> [Task brief]:
Scan the records below and report how many lines include the string "ground"; the number alone will do.
######
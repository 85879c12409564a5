-- ===== src/Util/Number/RoundTrip.antt =====
-- `atoi` reads back what `utoa` and `itoa` write.
use vk.Prelude.{
  ℕ, ◌+◌, ◌-◌, ◌*◌, ◌%◌, ◌^◌, ◌≤◌, ◌<◌, ◌≡◌, inl, inr, refl, sym, ap, ◌∙◌, zero, suc, Bool, true,
  false, ◌==◌, leb, poke, Bool-cases, done, arith, leb→le, ◌||◌,
}
use vk.Util.Number.{utoa, itoa, read_digits, atoiindex, atoi}
use vk.Util.Number.Digits.{high, high_le, high-suc, poke-same}
use vk.Util.Number.Reverse.{Decimal, utoa-Decimal}

or_false : (b : Bool) → (b || false) ≡ b
or_false true = refl
or_false false = refl

-- From the digit `i` on, with the digits before it read.
read_digits-high :
    (left rounds n s off len i : ℕ) (m t : ℕ → ℕ) (sign : Bool)
    → n < 2 ^ 32
    → Decimal n (s + off) len m t
    → i + left ≡ len
    → left < rounds
    → read_digits rounds t s (off + i) (high n left) sign ≡ done (n, off + len, sign)
unfolding read_digits high
read_digits-high left zero n s off len i m t sign h dec e lt = absurd (omega arith)
read_digits-high zero (suc rounds) n s off len i m t sign h dec e lt =
    let il : i ≡ len = omega arith in
    let at : s + (off + i) ≡ s + off + len = omega arith in
    let z : (t (s + (off + i)) == 0) ≡ true = ground (arith, ap t at ∙ dec.end) in rw (z, il) refl
read_digits-high (suc left) (suc rounds) n s off len i m t sign h dec e lt =
    let at : s + (off + i) ≡ s + off + i = omega arith in
    let k : len - 1 - i ≡ left = omega arith in
    let c : t (s + (off + i)) ≡ high n left % 10 + 48 =
      ap t at ∙ dec.digit i (omega arith) ∙ rw k refl in
    let more : (t (s + (off + i)) == 0) ≡ false = ground (arith, c) in
    let lo : leb 48 (t (s + (off + i))) ≡ true = ground (arith, c) in
    let hi : leb (t (s + (off + i))) 57 ≡ true = ground (arith, c) in
    let num : (high n (suc left) * 10 + (t (s + (off + i)) - 48)) % 2 ^ 32 ≡ high n left =
      omega (arith, c, high-suc n left, high_le n left) in
    let next : off + i + 1 ≡ off + (i + 1) = omega arith in
    let ih =
      read_digits-high left rounds n s off len (i + 1) m t sign h dec (omega arith) (omega arith) in
    rw (more, lo, hi, num, next)
      (ap (λ (b : Bool). read_digits rounds t s (off + (i + 1)) (high n left) b) (or_false sign)
        ∙ ih)

-- For every u32 and with at least 11 rounds, `utoa` writes a string that `atoi` reads as the same
-- number, and it keeps what is before the string.
pub atoi-utoa :
    (rounds n : ℕ) (m : ℕ → ℕ) (s : ℕ)
    → 10 < rounds
    → n < 2 ^ 32
    → (t : ℕ → ℕ) × (utoa rounds n m s ≡ done t)
      × (atoi rounds t s ≡ done n)
      × ((q : ℕ) → q < s → t q ≡ m q)
unfolding atoi atoiindex
atoi-utoa rounds n m s enough h =
    let (len, t, e, dec) = utoa-Decimal rounds n m s enough h in
    let z : s + 0 ≡ s = omega arith in
    let dec' : Decimal n (s + 0) len m t = rw z dec in
    let read : read_digits rounds t s 0 0 false ≡ done (n, 0 + len, false) =
      ap (λ (k : ℕ). read_digits rounds t s 0 k false) (sym dec.all_digits)
      ∙ read_digits-high len rounds n s 0 len 0 m t false h dec' (omega arith)
          (omega (arith, dec.few)) in
    (t, e, rw read refl, dec.before)

-- A sign is passed over.
read_digits-minus :
    (rounds : ℕ) (t : ℕ → ℕ) (s : ℕ)
    → t s ≡ b'-'
    → read_digits (suc rounds) t s 0 0 false ≡ read_digits rounds t s 1 0 true
unfolding read_digits
read_digits-minus rounds t s e =
    let z : s + 0 ≡ s = omega arith in let o : 0 + 1 ≡ 1 = omega arith in rw (z, e, o) refl

atoi-negative :
    (rounds n : ℕ) (m : ℕ → ℕ) (s : ℕ)
    → 11 < rounds
    → 2 ^ 31 ≤ n
    → n < 2 ^ 32
    → (t : ℕ → ℕ) × (utoa rounds (2 ^ 32 - n) (poke m s b'-') (s + 1) ≡ done t)
      × (atoi rounds t s ≡ done n)
unfolding atoi atoiindex
atoi-negative zero n m s enough lo h = absurd (omega arith)
atoi-negative (suc rounds) n m s enough lo h =
    let (len, t, e, dec) =
      utoa-Decimal (suc rounds) (2 ^ 32 - n) (poke m s b'-') (s + 1) (omega arith) (omega arith) in
    let sign : t s ≡ b'-' = dec.before s (omega arith) ∙ poke-same m s b'-' in
    let read : read_digits (suc rounds) t s 0 0 false ≡ done (2 ^ 32 - n, 1 + len, true) =
      read_digits-minus rounds t s sign
      ∙ ap (λ (k : ℕ). read_digits rounds t s 1 k true) (sym dec.all_digits)
      ∙ read_digits-high len rounds (2 ^ 32 - n) s 1 len 0 (poke m s b'-') t true (omega arith) dec
          (omega arith) (omega (arith, dec.few)) in
    let back : (2 ^ 32 - (2 ^ 32 - n)) % 2 ^ 32 ≡ n = omega arith in (t, e, rw (read, back) refl)

-- For every `int`, the smallest included, and with at least 12 rounds, `itoa` writes a string that
-- `atoi` reads as the same number.
pub atoi-itoa :
    (rounds n : ℕ) (m : ℕ → ℕ) (s : ℕ)
    → 11 < rounds
    → n < 2 ^ 32
    → (t : ℕ → ℕ) × (itoa rounds n m s ≡ done t) × (atoi rounds t s ≡ done n)
unfolding itoa atoi atoiindex read_digits
atoi-itoa rounds n m s enough h = elim (Bool-cases (leb (2 ^ 31) n)) [
  | inl neg ↦
      let (t, e, e') = atoi-negative rounds n m s enough (leb→le (2 ^ 31) n neg) h in
      rw neg (t, e, e')
  | inr pos ↦ let (t, e, e', before) = atoi-utoa rounds n m s (omega arith) h in rw pos (t, e, e')
]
######
> [The completed task]:
4